第61章 翌日。清晨,起了风,青湖边水波荡漾,夏日的暑气还未上来。湖……

翌日。

清晨,起了风,青湖边水波荡漾,夏日的暑气还未上来。*

湖畔窄长的石堤水洗过似的,斑斑驳驳,些许露出本来的颜色,夏旎兰的那双手如白玉般无暇净润,轻轻搭在桥上的石狮望柱上。

王爷和太康县主在前面缓步而行,夏旎兰始终保持着一丈远的距离跟在后面。

“你为珩舟张罗婚事?不妥。”王爷边走边道,侧目看了看女儿。

嫁出去的女儿泼出去的水,虽说女儿的夫家没落了,可也不能成日往娘家跑,还张罗起弟弟的婚事来,这像什么样。

“父王,我也不是非要给他物色什么人选,只不过是珩舟他年纪不小了,珩澜那样还不知以后如何,女儿不是为父王分忧么。”太康县主道,回头对夏旎兰使了个眼色,示意她跟紧点,“父王,旎兰是我的小姑子,模样生的好不说,还性子沉稳,不如亲上加亲……”

荣王仰头看着天边的流云,刚想感慨岁月静好,听闻女儿的话,霎时沉了嘴角。

“什么亲上加亲!当初你看上那个姓夏的小子,就是看上他长得好,我看他除了是个小白脸,一无是处!”

“当时结亲我就不看好,你看看现在,他是个短命的不说,还结党营私,若不是有你这层关系,陛下不得抄他三族!”

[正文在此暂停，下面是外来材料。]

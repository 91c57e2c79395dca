-- ===== src/Dlist/Walking.antt =====
-- dlist.c: the loops over a list, from an iterator to the end.
use mathlib.Core.Path.{subst}
use daher_repo.Prelude.{
  ℕ, zero, suc, ◌+◌, ◌<◌, ◌≡◌, ◌≢◌, ◌∙◌, refl, sym, ap, Bool, true, false, some, List, [], ◌∷◌,
  ◌++◌, append_assoc, if◌then◌else◌, arith, inl, inr, Bool-cases, length, ℤ, pos, is_zero,
}
use daher_repo.Dlist.{
  Store, Dlist, cell, load, size, size_from, is_same_iter, scan, for_each, is_empty,
}
use daher_repo.Dlist.Segments.{eq_test, same_test, first_or, last_or, load-some}
use daher_repo.Dlist.View.{
  IsDlist, front, rest, iter, data_of, cells_at, next-iter, get_data-iter, begin-iter, iter-not_end,
  iter-not_null,
}
use daher_repo.Prelude.{append-nil}

module _ {ℓ} {A : Type ℓ} where
  -- an iterator moved behind the element it points to
  pub pass :
      {h : Store A} {l : Dlist}
      → (ps qs : List (ℕ × A)) (x : ℕ × A) → IsDlist h l (ps ++ (x ∷ qs))
      → IsDlist h l ((ps ++ (x ∷ [])) ++ qs)
  pass {h} {l} ps qs x v = subst (IsDlist h l) (sym (append_assoc ps (x ∷ []) qs)) v

  pub length-data_of : (xs : List (ℕ × A)) → length (data_of xs) ≡ length xs
  length-data_of [] = refl
  length-data_of (x ∷ xs) = ap suc (length-data_of xs)

  pub end-not_null :
      (h : Store A) (l : Dlist) (xs : List (ℕ × A)) → IsDlist h l xs → l.end_dummy ≢ 0
  end-not_null h l xs v = iter-not_null h l xs [] (subst (IsDlist h l) (sym (append-nil xs)) v)

  size_from_lem :
      (fuel : ℕ) (h : Store A) (l : Dlist) (ps qs : List (ℕ × A)) (c : ℕ)
      → IsDlist h l (ps ++ qs)
      → length qs < fuel
      → size_from fuel h l (iter l qs) c ≡ some (c + length qs)
  unfolding size_from
  size_from_lem zero h l ps qs c v f = elim f [ ]
  size_from_lem (suc fuel) h l ps [] c v f = rw (same_test l.end_dummy) (ap some (omega arith))
  size_from_lem (suc fuel) h l ps (x ∷ qs) c v f =
      rw
        (eq_test l.end_dummy x.0 (λ e. iter-not_end h l ps qs x v (sym e)), next-iter h l ps qs x v)
        (size_from_lem fuel h l (ps ++ (x ∷ [])) qs (c + 1) (pass ps qs x v) (omega arith)
          ∙ ap some (omega arith))

  -- With fuel above the length, `DlistSize` counts the elements.
  pub size-IsDlist :
      (fuel : ℕ) (h : Store A) (l : Dlist) (xs : List (ℕ × A))
      → IsDlist h l xs
      → length xs < fuel
      → size fuel h l ≡ some (length xs)
  unfolding size
  size-IsDlist fuel h l xs v f =
      rw (begin-iter h l xs v) (size_from_lem fuel h l [] xs 0 v f ∙ ap some (omega arith))

  abbrev pub no_element : List (ℕ × A) → Bool
  no_element [] = true
  no_element (x ∷ xs) = false

  pub is_empty-IsDlist :
      (h : Store A) (l : Dlist) (xs : List (ℕ × A))
      → IsDlist h l xs
      → is_empty h l ≡ some (no_element xs)
  unfolding is_empty
  is_empty-IsDlist h l [] v = rw (begin-iter h l [] v, same_test l.end_dummy) refl
  is_empty-IsDlist h l (x ∷ xs) v =
      rw (begin-iter h l (x ∷ xs) v, eq_test x.0 l.end_dummy (iter-not_end h l [] xs x v)) refl

  -- what a search leaves: the elements from the first that fails the test on
  abbrev pub from_first : (A → Bool) → List (ℕ × A) → List (ℕ × A)
  from_first goes_on [] = []
  from_first goes_on (x ∷ xs) =
      let behind = from_first goes_on xs in if goes_on x.1 then behind else x ∷ xs

  -- and what it passes
  abbrev pub passed : (A → Bool) → List (ℕ × A) → List (ℕ × A)
  passed goes_on [] = []
  passed goes_on (x ∷ xs) = let behind = passed goes_on xs in if goes_on x.1 then x ∷ behind else []

  pub passed-from_first :
      (goes_on : A → Bool) (xs : List (ℕ × A)) → xs ≡ passed goes_on xs ++ from_first goes_on xs
  passed-from_first goes_on [] = refl
  passed-from_first goes_on (x ∷ xs) = elim (Bool-cases (goes_on x.1)) [
    | inl t ↦ rw t (ap (λ r. x ∷ r) (passed-from_first goes_on xs))
    | inr f ↦ rw f refl
  ]

  -- With fuel above the number of elements behind an iterator, a search from it to the end stops at the
  -- first that fails the test, or at the end.
  pub scan-iter :
      (goes_on : A → Bool) (fuel : ℕ) (h : Store A) (l : Dlist) (ps qs : List (ℕ × A))
      → IsDlist h l (ps ++ qs)
      → length qs < fuel
      → scan goes_on fuel h (iter l qs) l.end_dummy ≡ some (iter l (from_first goes_on qs))
  unfolding scan is_same_iter
  scan-iter goes_on zero h l ps qs v f = elim f [ ]
  scan-iter goes_on (suc fuel) h l ps [] v f =
      rw (eq_test l.end_dummy 0 (iter-not_null h l ps [] v), same_test l.end_dummy) refl
  scan-iter goes_on (suc fuel) h l ps (x ∷ qs) v f =
      rw
        (
          eq_test x.0 0 (iter-not_null h l ps (x ∷ qs) v),
          eq_test l.end_dummy 0 (end-not_null h l (ps ++ (x ∷ qs)) v),
          eq_test x.0 l.end_dummy (iter-not_end h l ps qs x v),
          get_data-iter h l ps qs x v,
        )
        (elim (Bool-cases (goes_on x.1)) [
          | inl t ↦
              rw (t, next-iter h l ps qs x v)
                (scan-iter goes_on fuel h l (ps ++ (x ∷ [])) qs (pass ps qs x v) (omega arith))
          | inr e ↦ rw e refl
        ])

  module _ {κ} {S : Type κ} (action : A → S → S × ℤ) where
    -- the state and the result after a pass over data, with its early stop
    abbrev pub for_data : List A → S → S × ℤ
    for_data [] s = (s, pos 0)
    for_data (x ∷ xs) s =
        let behind = for_data xs (action x s).0 in
        if is_zero (action x s).1 then behind else action x s

    load-iter :
        (h : Store A) (l : Dlist) (ps qs : List (ℕ × A)) (x : ℕ × A)
        → IsDlist h l (ps ++ (x ∷ qs))
        → load h x.0 ≡ some (cell (some x.1) (first_or 0 (rest l qs)) (last_or 0 (front l ps)))
    load-iter h l ps qs x v =
        let (_, behind, d, _, _) = cells_at h l ps (x ∷ qs) v in
        load-some h x.0 (cell (some x.1) (first_or 0 (rest l qs)) (last_or 0 (front l ps))) d.0
          behind.0

    -- With fuel above the number of elements from an iterator on, DlistForEach from there to the
    -- end is one pass over their data, with the early stop of the action.
    pub for_each-iter :
        (fuel : ℕ) (h : Store A) (l : Dlist) (ps qs : List (ℕ × A)) (s : S)
        → IsDlist h l (ps ++ qs)
        → length qs < fuel
        → for_each fuel h (iter l qs) l.end_dummy action s ≡ some (for_data (data_of qs) s)
    unfolding for_each is_same_iter
    for_each-iter zero h l ps qs s v f = elim f [ ]
    for_each-iter (suc fuel) h l ps [] s v f =
        rw (eq_test l.end_dummy 0 (iter-not_null h l ps [] v), same_test l.end_dummy) refl
    for_each-iter (suc fuel) h l ps (x ∷ qs) s v f =
        rw
          (
            eq_test x.0 0 (iter-not_null h l ps (x ∷ qs) v),
            eq_test l.end_dummy 0 (end-not_null h l (ps ++ (x ∷ qs)) v),
            eq_test x.0 l.end_dummy (iter-not_end h l ps qs x v),
            load-iter h l ps qs x v,
          )
          (elim (Bool-cases (is_zero (action x.1 s).1)) [
            | inl t ↦
                rw (t, next-iter h l ps qs x v)
                  (for_each-iter fuel h l (ps ++ (x ∷ [])) qs (action x.1 s).0 (pass ps qs x v)
                    (omega arith))
            | inr e ↦ rw e refl
          ])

“谁现在愿意沾他家了!珩舟这孩子不爱说话,你难道还猜想不到他在北境,在你那二叔手底下谋事得多不容易?你还要将你那小姑子塞给他?!”

俗话说老丈人看女婿怎么看怎么都不顺眼,偏她那个夫君也不争气,害的自己在娘家没了脸面。

太康县主头回见父亲这狠厉的神色,怔忪着愣在原地,她还是腰背挺直的矜贵模样,可心一点点地沉了下去。

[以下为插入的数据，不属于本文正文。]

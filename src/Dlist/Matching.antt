-- ===== src/Dlist/Matching.antt =====
-- dlist.c: what a search finds, on the data of a list.
use daher_repo.Prelude.{
  ℕ, suc, length, ◌≤◌, arith, ◌≡◌, refl, ap, Bool, false, Option, none, some, List, [], ◌∷◌, ◌++◌,
  if◌then◌else◌, inl, inr, Bool-cases, ℤ, is_zero,
}
use daher_repo.Dlist.View.{data_of, datum_at}
use daher_repo.Dlist.Walking.{from_first, passed}

module _ {ℓ} {A : Type ℓ} where
  -- a list behind its first cell, and with other data in it
  abbrev pub behind_first : List (ℕ × A) → List (ℕ × A)
  behind_first [] = []
  behind_first (x ∷ xs) = xs

  abbrev pub with_first : ℕ → A → List (ℕ × A) → List (ℕ × A)
  with_first a d [] = (a, d) ∷ []
  with_first a d (x ∷ xs) = (x.0, d) ∷ xs

module _ {ℓ κ} {A : Type ℓ} {B : Type κ} (is_match : A → B → ℤ) (key : B) where
  -- the first match of a list, and the list without it
  abbrev pub first_match : List A → Option A
  first_match [] = none
  first_match (x ∷ xs) =
      let behind = first_match xs in if is_zero (is_match x key) then behind else some x

  abbrev pub without_match : List A → List A
  without_match [] = []
  without_match (x ∷ xs) =
      let behind = without_match xs in if is_zero (is_match x key) then x ∷ behind else xs

  -- the list with the data in the place of the first match, or else at its end
  abbrev pub put_in : A → List A → List A
  put_in d [] = d ∷ []
  put_in d (x ∷ xs) =
      let behind = put_in d xs in if is_zero (is_match x key) then x ∷ behind else d ∷ xs

  -- a search that goes on while nothing matches
  abbrev pub misses : A → Bool
  misses x = is_zero (is_match x key)

  pub first_match_lem :
      (xs : List (ℕ × A)) → first_match (data_of xs) ≡ datum_at (from_first misses xs)
  first_match_lem [] = refl
  first_match_lem (x ∷ xs) = elim (Bool-cases (is_zero (is_match x.1 key))) [
    | inl t ↦ rw t (first_match_lem xs)
    | inr f ↦ rw f refl
  ]

  pub without_match_lem :
      (xs : List (ℕ × A))
      → data_of (passed misses xs ++ behind_first (from_first misses xs))
        ≡ without_match (data_of xs)
  without_match_lem [] = refl
  without_match_lem (x ∷ xs) = elim (Bool-cases (is_zero (is_match x.1 key))) [
    | inl t ↦ rw t (ap (λ r. x.1 ∷ r) (without_match_lem xs))
    | inr f ↦ rw f refl
  ]

  pub put_in_lem :
      (a : ℕ) (d : A) (xs : List (ℕ × A))
      → data_of (passed misses xs ++ with_first a d (from_first misses xs)) ≡ put_in d (data_of xs)
  put_in_lem a d [] = refl
  put_in_lem a d (x ∷ xs) = elim (Bool-cases (is_zero (is_match x.1 key))) [
    | inl t ↦ rw t (ap (λ r. x.1 ∷ r) (put_in_lem a d xs))
    | inr f ↦ rw f refl
  ]

  -- Data that match are found once they are put in.
  pub first_match-put_in :
      (d : A) (xs : List A) → is_zero (is_match d key) ≡ false → first_match (put_in d xs) ≡ some d
  first_match-put_in d [] m = rw m refl
  first_match-put_in d (x ∷ xs) m = elim (Bool-cases (is_zero (is_match x key))) [
    | inl t ↦ rw (t, t) (first_match-put_in d xs m)
    | inr f ↦ rw (f, m) refl
  ]

  pub length-put_in : (d : A) (xs : List A) → length (put_in d xs) ≤ suc (length xs)
  length-put_in d [] = omega arith
  length-put_in d (x ∷ xs) = elim (Bool-cases (is_zero (is_match x key))) [
    | inl t ↦ let shorter = length-put_in d xs in rw t (omega arith)
    | inr f ↦ rw f (omega arith)
  ]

女儿无措哀戚的模样落在荣王眼里,这女儿虽说自小就没有养在膝下,可到底是亲生的,也有一分生了她却不养的亏欠在心里,如今她容颜不再,夫家破落,县主身份就是她最后的尊荣。

料想给她那小姑子谋个好亲事,也是想在婆家面前表现表现。

“这闺女叫什么?”荣王叹息一声,“叫她过来说话。”

夏旎兰闻言便走近了些,抬一双眼睛黑白分明的眼,明明生了怯意,却咬牙撑着将礼数全了,“民女夏旎兰,见过王爷,问王爷安。”

“夏旎兰……嗯也好。珩舟现在无妾室无通房,昨日在宴席上说有心悦的女子也没说出个所以然来。”荣王沉吟,“珩舟都二十三了,身边也该有个人了。”

夏旎兰的确是生的好模样,也还算稳重。主要是出身在这摆着,身世清白又好拿捏。

“那就、就让她先陪着二弟?等二弟相看好了人家,成婚了,再把她抬成个侧妃?”太康县主笑了起来,而后压低声音道,“父王都不知道,王府里多少丫鬟想往松竹苑凑呢。二弟年轻气盛的,又刚封了王,若是身边没个人陪着,着了那些小蹄子的道,可不好看啊。”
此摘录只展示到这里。